### Work task
Each line below that holds the string "existing" counts once; report the total and nothing else.

Stored data entries:
--------------------------------------------------
-- ===== src/Uploads/Interleaved/Tables/ChunkSteps.antt =====
-- The steps of a request on a chunk keep the tables sound.
use distributed_file_service.Prelude.{
  Bool-cases, Option, [], inl, inr, none, refl, some, suc, true, ℕ, ◌∷◌, ◌≡◌,
}
use distributed_file_service.Prelude.Int.{pos_part}
use distributed_file_service.Text.{Text}
use distributed_file_service.Exec.{Outcome, ok, raised}
use distributed_file_service.Models.{Db, Upload, constraints_hold, Chunk}
use distributed_file_service.Limits
use distributed_file_service.World.{AuthUser, Service, World, open_session}
use distributed_file_service.Uploads.Access.Cases.{get_owned_cases}
use distributed_file_service.Uploads.Persist.{ChunkWrite, Schedule, Stored, persist_with_retries}
use distributed_file_service.Uploads.Persist.Frame.{
  SameData, SameData-refl, persist_with_retries-frame,
}
use distributed_file_service.Uploads.ChunkUpload.{
  ChunkRequest, UploadChunkResponse, add_chunk_request, chunk_replay, new_chunk, write_of,
}
use distributed_file_service.Uploads.ChunkUpload.Checks.{
  by_range, check_body_cases, check_target_cases,
}
use distributed_file_service.Uploads.Sound.{IsSound}
use distributed_file_service.Uploads.Sound.Changes.{IsSound-add_chunk_request}
use distributed_file_service.Uploads.Sound.Steps.{chunks-add_chunk_request, unique-constraints}
use distributed_file_service.Uploads.Interleaved.Chunks.{
  ChunkPhase, admit, admitted, advance_chunk, after_acquire, after_persist, body_phase,
  chunk_answered, commit_chunk, holding, load_for_chunk, looked_up, persisted, reading,
  target_phase, try_commit,
}
use distributed_file_service.Uploads.Interleaved.Commits.{
  Grows, with_row, with_row-Grows, with_row-IsSound,
}
use distributed_file_service.Uploads.Interleaved.Tables.{
  LoadedChunk, PendingChunk, Stepped, Stepped-same,
}

Grows-add_chunk_request :
    (key : Option Text) (c : ChunkWrite) (print : Text) (now : ℕ) (a b : Db)
    → Grows a b
    → Grows a (add_chunk_request key c print now b)
Grows-add_chunk_request none c print now a b g = g
Grows-add_chunk_request (some []) c print now a b g = g
Grows-add_chunk_request (some (k ∷ key)) c print now a b g = record { kept = g.kept; more = g.more }

-- The look-up of a replay changes nothing.
pub chunk_replay-world :
    {St Q : Type 0} (v : Service St Q) (id : Text) (index : ℕ) (print : Text) (key : Option Text)
    (w : World St Q)
    → (chunk_replay id index print key w).1 ≡ w
unfolding chunk_replay
chunk_replay-world v id index print none w = refl
chunk_replay-world v id index print (some []) w = refl
chunk_replay-world v id index print (some (k ∷ key)) w = refl

module _ {St Q : Type 0} (v : Service St Q) (r : ChunkRequest) where
  abbrev pub StepsChunk : World St Q → ChunkPhase × World St Q → Type 0
  StepsChunk w p = Stepped w.db p.1.db × PendingChunk p.1.db r p.0

  commit_chunk-Stepped :
      (u : Upload) (existing : Option Chunk) (s : Stored) (retries now : ℕ) (db after : Db)
      → after
        ≡ commit_chunk u existing
            (write_of u r)
            (v.sha256 r.body)
            r.idempotency_key
            s
            retries
            now
            db
      → constraints_hold after ≡ true
      → LoadedChunk db r u
      → IsSound db
      → Stepped db after
  unfolding commit_chunk
  commit_chunk-Stepped u existing s retries now db after e c p h =
      let row = new_chunk (write_of u r) (v.sha256 r.body) s retries now in
      let next = with_row u existing row now db in
      rw e (record {
        sound =
            IsSound-add_chunk_request r.idempotency_key (write_of u r) (v.sha256 r.body) now next (
              with_row-IsSound u p.row existing row now db p.found p.same_total p.not_back
                p.in_range refl
                (rw
                  (← chunks-add_chunk_request r.idempotency_key (write_of u r) (v.sha256 r.body) now
                    next)
                  (unique-constraints _ (rw e at c)))
                h);
        grows =
            Grows-add_chunk_request r.idempotency_key (write_of u r) (v.sha256 r.body) now db next
              (with_row-Grows u existing row now db refl);
      })

  try_commit-Steps :
      (u : Upload) (s : Stored) (retries : ℕ) (existing : Option Chunk) (w : World St Q)
      → LoadedChunk w.db r u
      → IsSound w.db
      → StepsChunk w (try_commit v r u s retries existing w)
  unfolding try_commit
  try_commit-Steps u s retries existing w p h =
      elim (Bool-cases (
        constraints_hold (
          commit_chunk u existing (write_of u r) (v.sha256 r.body) r.idempotency_key s retries w.now
            w.db))) [
              | inl c ↦ rw c (commit_chunk-Stepped u existing s retries w.now w.db _ refl c p h, tt)
              | inr c ↦ rw c (Stepped-same w.db w.db refl h, tt)
            ]

  after_acquire-Pending :
      (u : Upload) (o : Outcome (Unit {0})) (db : Db)
      → LoadedChunk db r u
      → PendingChunk db r (after_acquire u o)
  after_acquire-Pending u (ok x) db p = p
  after_acquire-Pending u (raised e) db p = tt

  after_persist-Steps :
      (u : Upload) (w : World St Q) (p : Outcome (Stored × ℕ) × World St Q)
      → SameData w p.1
      → LoadedChunk w.db r u
      → IsSound w.db
      → StepsChunk w (after_persist u r.upload_id p)
  after_persist-Steps u w (ok (s, n), w₁) same p h =
      (Stepped-same w.db w₁.db same.db h, rw same.db p)
  after_persist-Steps u w (raised e, w₁) same p h = (Stepped-same w.db w₁.db same.db h, tt)

  -- The body is checked, and an answer given before is looked up.
  pub admit-world : (w : World St Q) → (admit v r w).1 ≡ w
  unfolding admit
  admit-world w =
      check_body_cases (λ p. p.1 ≡ w) v r _ w
        (λ a b c.
          chunk_replay-world v r.upload_id (pos_part r.chunk_index) (v.sha256 r.body)
            r.idempotency_key w)
        (λ e. refl)

  body_phase-Pending :
      (u : Upload) (o : Outcome (Option UploadChunkResponse)) (db : Db)
      → LoadedChunk db r u
      → PendingChunk db r (body_phase u o)
  body_phase-Pending u (ok none) db p = p
  body_phase-Pending u (ok (some out)) db p = tt
  body_phase-Pending u (raised e) db p = tt

  pub advance_chunk-Steps :
      (schedule : Schedule) (phase : ChunkPhase) (w : World St Q)
      → PendingChunk w.db r phase
      → IsSound w.db
      → StepsChunk w (advance_chunk v schedule r phase w)
  unfolding advance_chunk
  advance_chunk-Steps schedule (reading u) w p h =
      rw (admit-world (open_session w))
        (Stepped-same w.db w.db refl h, body_phase-Pending u (admit v r (open_session w)).0 w.db p)
  advance_chunk-Steps schedule (admitted u) w p h = (
    Stepped-same w.db w.db refl h,
    after_acquire-Pending u (Limits.acquire r.upload_id w.limiter).0 w.db p,
  )
  advance_chunk-Steps schedule (holding u) w p h =
      after_persist-Steps u w
        (persist_with_retries (suc v.config.max_retries) v schedule 0 (write_of u r) w)
        ((persist_with_retries-frame (suc v.config.max_retries) v schedule 0 (write_of u r)).run w
          (SameData-refl w))
        p h
  advance_chunk-Steps schedule (persisted u s n) w p h = (Stepped-same w.db w.db refl h, p)
  advance_chunk-Steps schedule (looked_up u s n e) w p h = try_commit-Steps u s n e w p h
  advance_chunk-Steps schedule (chunk_answered o) w p h = (Stepped-same w.db w.db refl h, tt)

  -- A request that comes in writes nothing, and what it loaded is there.
  abbrev Loads : World St Q → Outcome Upload × World St Q → Type 0
  Loads w p = (p.1.db ≡ w.db) × PendingChunk w.db r (target_phase p.0)

  pub load_for_chunk-Loads :
      (user : AuthUser) (w : World St Q) → w.session ≡ w.db → Loads w (load_for_chunk r user w)
  unfolding load_for_chunk
  load_for_chunk-Loads user w fresh =
      get_owned_cases (Loads w) r.upload_id user _ w
        (λ u found own.
          check_target_cases (Loads w) u r _ w
            (λ a b. (
              refl,
              record {
                row = u;
                found = rw fresh at found;
                same_total = refl;
                not_back = λ h. h;
                in_range = by_range r.chunk_index u.total_chunks b;
              },
            ))
            (λ e. (refl, tt)))
        (λ e. (refl, tt))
--------------------------------------------------
### Response to this exercise
11